The Federal Motor Carrier Safety Administration (FMCSA) plans to publish its final rule on Electronic Logging Devices on Sept. 30, according to agency officials. FMCSA says the rule will go into effect 24 months from Sept. 30.
According to the agency, the ELD rule will establish the following:
- Minimum performance and design standards for hours-of-service (HOS) electronic logging devices (ELDs)
- Requirements for the mandatory use of these devices by drivers currently required to prepare HOS records of duty status (RODS)
- Requirements concerning HOS supporting documents
The rule will also address concerns about driver harassment resulting from the use of the ELDs.
A 2014 study by FMCSA explored the issue of ELDs and harassment of drivers.
As part of the study, drivers were given a list of 14 specific interactions between carriers and drivers that could be considered harassment. Fewer than 30 percent of surveyed drivers considered any one of these interactions to be harassment; 42 percent said that none of the items on the entire list would be considered harassment. The actions most commonly considered harassment included: interrupting a driver’s off-duty time with a message at an inappropriate time (28 percent); asking the driver to operate when the driver judged himself to be fatigued (28 percent); asking the driver to log hours inaccurately to get more work time or to delay a break (26 percent).

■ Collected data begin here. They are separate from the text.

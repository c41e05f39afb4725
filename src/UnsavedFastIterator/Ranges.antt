-- ===== src/UnsavedFastIterator/Ranges.antt =====
-- unsaved_fast_iterator.go: the fast nodes in a range, as entries in the order of an iterator.
use iavl.Prelude.{
  ◌≤◌, ◌≡◌, refl, sym, ap, subst, ◌∙◌, List, [], ◌∷◌, ◌++◌, All, Bool, true, false, Option, none,
  some, is_some, if◌then◌else◌, length, length-append, arith, Bool-cases, inl, inr,
}
use mathlib.Core.List.{reverse, reverse-cons}
use iavl.Bytes.{Bytes, compare_bytes}
use iavl.Bytes.Map.{load}
use iavl.FastNode.{FastNode}
use iavl.Avl.{Entry, ◌≺◌}
use iavl.Avl.Sorted.{find}
use iavl.Avl.Entries.{IsSorted}
use iavl.Traversal.{start_or_after, before_end}
use iavl.Bytes.Order.{lt_trans, eq_of_compare}
use iavl.Traversal.Ranges.{select, in_direction, inside}
use iavl.Directions.{
  InOrder, in_direction-InOrder, select-InOrder, select-in_direction, load-select,
  load-in_direction, IsSorted-InOrder,
}
use iavl.MemDb.{BTree}
use iavl.NodeDatabase.{NodeDatabase}
use iavl.FastIterator.Reads.{HasFast, items, within, directed, is_fast}
use iavl.UnsavedFastIterator.{is_empty_range}
use iavl.UnsavedFastIterator.Merges.{merged}
use iavl.UnsavedFastIterator.Steps.{entry_of, entries}
use iavl.UnsavedFastIterator.Additions.{nodes_in_range, value_of}
use iavl.MutableTree.FastStorage.{overlay}

-- the lists of fast nodes as lists of entries
pub entries-append : (l m : List FastNode) → entries (l ++ m) ≡ entries l ++ entries m
entries-append [] m = refl
entries-append (n ∷ l) m = ap (λ k. entry_of n ∷ k) (entries-append l m)

pub entries-reverse : (l : List FastNode) → entries (reverse l) ≡ reverse (entries l)
entries-reverse [] = refl
entries-reverse (n ∷ l) =
    ap entries (reverse-cons n l)
    ∙ entries-append (reverse l) (n ∷ [])
    ∙ ap (λ k. k ++ entry_of n ∷ []) (entries-reverse l)
    ∙ sym (reverse-cons (entry_of n) (entries l))

pub entries-directed :
    (ascending : Bool) (l : List FastNode)
    → entries (directed ascending l) ≡ in_direction ascending (entries l)
entries-directed true l = refl
entries-directed false l = entries-reverse l

pub entries-within :
    (start end : Option Bytes) (l : List FastNode)
    → entries (within start end l) ≡ select (λ e. inside start end false e.0) (entries l)
entries-within start end [] = refl
entries-within start end (n ∷ l) = elim (Bool-cases (inside start end false n.key)) [
  | inl c ↦ rw c (ap (λ k. entry_of n ∷ k) (entries-within start end l))
  | inr c ↦ rw c (entries-within start end l)
]

-- the sorted entries in a range, in one of the two directions
abbrev pub in_range : Option Bytes → Option Bytes → Bool → List Entry → List Entry
in_range start end ascending l = in_direction ascending (select (λ e. inside start end false e.0) l)

pub in_range-InOrder :
    (start end : Option Bytes) (ascending : Bool) (l : List Entry)
    → IsSorted l
    → InOrder ascending (in_range start end ascending l)
in_range-InOrder start end ascending l h =
    subst (InOrder ascending) (select-in_direction ascending (λ e. inside start end false e.0) l)
      (select-InOrder ascending _ (in_direction ascending l) (in_direction-InOrder ascending l h))

pub load-in_range :
    (start end : Option Bytes) (ascending : Bool) (l : List Entry) (k : Bytes)
    → IsSorted l
    → load k (in_range start end ascending l)
      ≡ (if inside start end false k then find k l else none)
load-in_range start end ascending l k h =
    ap (load k) (sym (select-in_direction ascending (λ e. inside start end false e.0) l))
    ∙ load-select k (inside start end false) (in_direction ascending l)
    ∙ ap (λ o. if inside start end false k then o else none) (load-in_direction ascending k l h)

-- The fast nodes in the database are in the order of their keys.
pub above_items :
    (a : Bytes) (l : List FastNode)
    → All (λ e. (102 ∷ a) ≺ e.0) (items l)
    → All (λ e. a ≺ e.0) (entries l)
unfolding compare_bytes
above_items a [] h = tt
above_items a (n ∷ l) (p, h) = (p, above_items a l h)

pub items-IsSorted : (l : List FastNode) → InOrder true (items l) → IsSorted (entries l)
items-IsSorted [] h = tt
items-IsSorted (n ∷ l) (a, h) = (above_items n.key l a, items-IsSorted l h)

pub HasFast-IsSorted :
    (B : BTree) (ndb : NodeDatabase B) (fast : List FastNode)
    → HasFast B ndb fast
    → IsSorted (entries fast)
HasFast-IsSorted B ndb fast h = items-IsSorted fast (
    subst (InOrder true) h.stored (
      select-InOrder true (λ e. is_fast e.0) (B.ascend ndb.batch.db)
        (IsSorted-InOrder (B.ascend ndb.batch.db) (B.ascend-IsSorted ndb.batch.db))))

-- how many fast nodes there are at most
pub length-within :
    (start end : Option Bytes) (l : List FastNode) → length (within start end l) ≤ length l
length-within start end [] = ground arith
length-within start end (n ∷ l) = ground (arith, length-within start end l)

pub length-reverse : (l : List FastNode) → length (reverse l) ≡ length l
length-reverse [] = refl
length-reverse (n ∷ l) =
    ap length (reverse-cons n l)
    ∙ length-append (reverse l) (n ∷ [])
    ∙ ground (arith, length-reverse l)

pub length-directed :
    (ascending : Bool) (l : List FastNode) → length (directed ascending l) ≡ length l
length-directed true l = refl
length-directed false l = length-reverse l

pub length-nodes_in_range :
    (start end : Option Bytes) (m : List (Bytes × FastNode))
    → length (nodes_in_range start end m) ≤ length m
length-nodes_in_range start end [] = ground arith
length-nodes_in_range start end ((k, n) ∷ m) = ground (arith, length-nodes_in_range start end m)

pub merged-overlay :
    (a : Option FastNode) (r : Option Bool) (saved : Option Bytes)
    → merged (value_of a) (is_some r) saved ≡ overlay a r saved
merged-overlay (some n) r saved = refl
merged-overlay none (some b) saved = refl
merged-overlay none none saved = refl

pub merged-none : (b : Bool) → merged none b none ≡ none
merged-none true = refl
merged-none false = refl

pub entries-directed-within :
    (start end : Option Bytes) (ascending : Bool) (l : List FastNode)
    → entries (directed ascending (within start end l)) ≡ in_range start end ascending (entries l)
entries-directed-within start end ascending l =
    entries-directed ascending (within start end l)
    ∙ ap (in_direction ascending) (entries-within start end l)

pub outside :
    (start end : Option Bytes) (k : Bytes)
    → is_empty_range start end ≡ true
    → inside start end false k ≡ false
unfolding start_or_after before_end
outside none end k e = absurd cc
outside (some start) none k e = absurd cc
outside (some start) (some end) k e = ground (arith, lt_trans start k end, eq_of_compare start k)
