-- ===== src/UnsavedFastIterator/Sorting.antt =====
-- unsaved_fast_iterator.go: the keys of the additions, sorted, and their fast nodes.
use iavl.Prelude.{
  suc, length, ◌≡◌, refl, sym, ap, ◌∙◌, List, [], ◌∷◌, All, All-imp, Bool, true, false, none,
  if◌then◌else◌, arith, Bool-cases, inl, inr,
}
use iavl.Bytes.{Bytes, equal_bytes}
use iavl.Bytes.Map.{load}
use iavl.Bytes.Order.{eq_of_compare, compare_refl, lt_of_gt, gt_of_lt}
use iavl.FastNode.{FastNode}
use iavl.Avl.{Entry}
use iavl.Directions.{InOrder, Precedes, Precedes-trans}
use iavl.UnsavedFastIterator.{less, insert_key, sort_slice}
use iavl.UnsavedFastIterator.Steps.{entry_of, entries, node_keys}
use iavl.UnsavedFastIterator.Additions.{load-hit, load-miss, Once}

abbrev insert_node : Bool → FastNode → List FastNode → List FastNode
insert_node ascending n [] = n ∷ []
insert_node ascending n (x ∷ l) =
    let rest = insert_node ascending n l in
    if less ascending x.key n.key then x ∷ rest else n ∷ x ∷ l

abbrev pub sort_nodes : Bool → List FastNode → List FastNode
sort_nodes ascending [] = []
sort_nodes ascending (n ∷ l) = insert_node ascending n (sort_nodes ascending l)

node_keys-insert_node :
    (ascending : Bool) (n : FastNode) (l : List FastNode)
    → insert_key ascending n.key (node_keys l) ≡ node_keys (insert_node ascending n l)
unfolding insert_key
node_keys-insert_node ascending n [] = refl
node_keys-insert_node ascending n (x ∷ l) = elim (Bool-cases (less ascending x.key n.key)) [
  | inl c ↦ rw c (ap (λ r. x.key ∷ r) (node_keys-insert_node ascending n l))
  | inr c ↦ rw c refl
]

pub node_keys-sort_nodes :
    (ascending : Bool) (l : List FastNode)
    → sort_slice ascending (node_keys l) ≡ node_keys (sort_nodes ascending l)
unfolding sort_slice
node_keys-sort_nodes ascending [] = refl
node_keys-sort_nodes ascending (n ∷ l) =
    ap (insert_key ascending n.key) (node_keys-sort_nodes ascending l)
    ∙ node_keys-insert_node ascending n (sort_nodes ascending l)

All-insert_node {κ} :
    (P : FastNode → Type κ) (ascending : Bool) (n : FastNode) (l : List FastNode)
    → P n
    → All P l
    → All P (insert_node ascending n l)
All-insert_node P ascending n [] p h = (p, tt)
All-insert_node P ascending n (x ∷ l) p (q, h) = elim (Bool-cases (less ascending x.key n.key)) [
  | inl c ↦ rw c (q, All-insert_node P ascending n l p h)
  | inr c ↦ rw c (p, (q, h))
]

pub All-sort_nodes {κ} :
    (P : FastNode → Type κ) (ascending : Bool) (l : List FastNode)
    → All P l
    → All P (sort_nodes ascending l)
All-sort_nodes P ascending [] h = tt
All-sort_nodes P ascending (n ∷ l) (p, h) =
    All-insert_node P ascending n (sort_nodes ascending l) p (All-sort_nodes P ascending l h)

load-insert_node :
    (ascending : Bool) (n : FastNode) (l : List FastNode) (k : Bytes)
    → load n.key (entries l) ≡ none
    → load k (entries (insert_node ascending n l)) ≡ load k (entry_of n ∷ entries l)
unfolding load
load-insert_node ascending n [] k h = refl
load-insert_node ascending n (x ∷ l) k h = elim (Bool-cases (less ascending x.key n.key)) [
  | inr c ↦ rw c refl
  | inl c ↦ rw c (
      ground (
        arith,
        load-insert_node ascending n l k,
        eq_of_compare k x.key,
        eq_of_compare k n.key,
        eq_of_compare n.key x.key,
        compare_refl n.key,
        compare_refl k,
      ))
]

pub load-sort_nodes :
    (ascending : Bool) (l : List FastNode) (k : Bytes)
    → Once l
    → load k (entries (sort_nodes ascending l)) ≡ load k (entries l)
load-sort_nodes ascending [] k h = refl
load-sort_nodes ascending (n ∷ l) k (fresh, h) =
    load-insert_node ascending n (sort_nodes ascending l) k
      (load-sort_nodes ascending l n.key h ∙ fresh)
    ∙ elim (Bool-cases (equal_bytes k n.key)) [
      | inl c ↦ load-hit k n.key n.value _ c ∙ sym (load-hit k n.key n.value (entries l) c)
      | inr c ↦
          load-miss k n.key n.value _ c
          ∙ load-sort_nodes ascending l k h
          ∙ sym (load-miss k n.key n.value (entries l) c)
    ]

All-insert_entries {κ} :
    (P : Entry → Type κ) (ascending : Bool) (n : FastNode) (l : List FastNode)
    → P (entry_of n)
    → All P (entries l)
    → All P (entries (insert_node ascending n l))
All-insert_entries P ascending n [] p h = (p, tt)
All-insert_entries P ascending n (x ∷ l) p (q, h) = elim (Bool-cases (less ascending x.key n.key)) [
  | inl c ↦ rw c (q, All-insert_entries P ascending n l p h)
  | inr c ↦ rw c (p, (q, h))
]

less-Precedes :
    (ascending : Bool) (a b : Bytes) → less ascending a b ≡ true → Precedes ascending a b
unfolding less
less-Precedes true a b h = ground arith
less-Precedes false a b h = ground arith

not_less-Precedes :
    (ascending : Bool) (a b : Bytes)
    → less ascending a b ≡ false
    → equal_bytes b a ≡ false
    → Precedes ascending b a
unfolding less
not_less-Precedes true a b h e =
    ground (arith, lt_of_gt a b, gt_of_lt a b, lt_of_gt b a, eq_of_compare a b, compare_refl a)
not_less-Precedes false a b h e = ground (arith, lt_of_gt b a, eq_of_compare a b, compare_refl a)

absent_rest :
    (k : Bytes) (e : Entry) (l : List Entry)
    → load k (e ∷ l) ≡ none
    → (equal_bytes k e.0 ≡ false) × (load k l ≡ none)
unfolding load
absent_rest k (j, v) l h = ground arith

insert_node-InOrder :
    (ascending : Bool) (n : FastNode) (l : List FastNode)
    → load n.key (entries l) ≡ none
    → InOrder ascending (entries l)
    → InOrder ascending (entries (insert_node ascending n l))
insert_node-InOrder ascending n [] h q = (tt, tt)
insert_node-InOrder ascending n (x ∷ l) h (before, q) =
    let (other, absent) = absent_rest n.key (entry_of x) (entries l) h in
    elim (Bool-cases (less ascending x.key n.key)) [
      | inl c ↦ rw c (
        All-insert_entries (λ e. Precedes ascending x.key e.0) ascending n l
            (less-Precedes ascending x.key n.key c) before,
        insert_node-InOrder ascending n l absent q,
      )
      | inr c ↦
          let first = not_less-Precedes ascending x.key n.key c other in
          rw c (
            (
              first,
              All-imp (λ e r. Precedes-trans ascending n.key x.key e.0 first r) (entries l) before,
            ),
            (before, q),
          )
    ]

pub sort_nodes-InOrder :
    (ascending : Bool) (l : List FastNode)
    → Once l
    → InOrder ascending (entries (sort_nodes ascending l))
sort_nodes-InOrder ascending [] h = tt
sort_nodes-InOrder ascending (n ∷ l) (fresh, h) =
    insert_node-InOrder ascending n (sort_nodes ascending l)
      (load-sort_nodes ascending l n.key h ∙ fresh) (sort_nodes-InOrder ascending l h)

length-insert_node :
    (ascending : Bool) (n : FastNode) (l : List FastNode)
    → length (insert_node ascending n l) ≡ suc (length l)
length-insert_node ascending n [] = refl
length-insert_node ascending n (x ∷ l) = ground (arith, length-insert_node ascending n l)

pub length-sort_nodes :
    (ascending : Bool) (l : List FastNode) → length (sort_nodes ascending l) ≡ length l
length-sort_nodes ascending [] = refl
length-sort_nodes ascending (n ∷ l) =
    length-insert_node ascending n (sort_nodes ascending l) ∙ ap suc (length-sort_nodes ascending l)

Very few drivers who use ELDs associate any perceived harassment with the HOS-logging capabilities of the device, according to the study. Two percent of drivers experienced an interaction that they considered to be harassment and that they associated with the HOS-logging capabilities of the ELD.
The study also examined whether drivers who use ELDs have different experiences than those who use paper. Drivers were asked to review the list of 14 specific interactions and to determine whether they experienced those interactions in a typical month. Across the 14 interactions, compared at the thresholds of both at least once per month and at least twice per month (28 comparisons), four differences were statistically significant. When compared to paper-logging drivers, drivers who use ELDs to log their HOS were more likely to (1) Be paid for customer delays when picking up or delivering freight at least once per month (63 percent versus 53 percent); (2) Be required to wait between loads for more than two hours without pay at least once per month (41 percent versus 30 percent); (3) Be interrupted when off-duty at an inappropriate time at least once per month (37 percent versus 23 percent); and (4) Experience management asking customers to adjust load schedules so they were more realistic for the driver at least twice per month (32 percent versus 24 percent).
FMCSA concluded the following:
- Few truck drivers feel as if they are harassed, regardless of the method used to log their HOS. The incidence of harassment may be too rare to be detected in a research project.
- Generally, research observations do not suggest that harassment is greater for drivers who use ELDs to log HOS than it is for drivers who use paper.
- Survey research does not support the conclusion that harassment occurs due to being in a situation where HOS are logged using ELDs.
The research project by FMCSA came in response to a 2011 ruling by the Seventh Circuit. On April 5, 2010, FMCSA published a final rule that amended the FMCSRs to incorporate new performance standards for ELDs installed in CMVs manufactured on or after June 4, 2012. The new rule also called for mandatory installation of ELDs (meeting the new performance standards) in CMVs operated by motor carriers found to have serious HOS noncompliance issues. On August 26, 2011, the Seventh Circuit vacated the entire April 2010 rule. The court held that, contrary to a statutory requirement, the agency failed to address the issue of driver harassment.
FMCSA’s 2014 research project addressed the issue of driver harassment and found that few drivers experienced harassment based on ELDs.
FMCSA Acting Administrator T.F. Scott Darling III said his agency plans to require CMV drivers to use ELDs in part to prevent drivers from lying about their hours of service. Such a move would reduce fatigued driving and improve safety, the agency claims. Darling said the devices could prevent about 1,400 crashes, 20 fatalities and more than 400 injuries every year.
“It will help with understanding hours of service,” he said. “We have made it a priority in my agency.”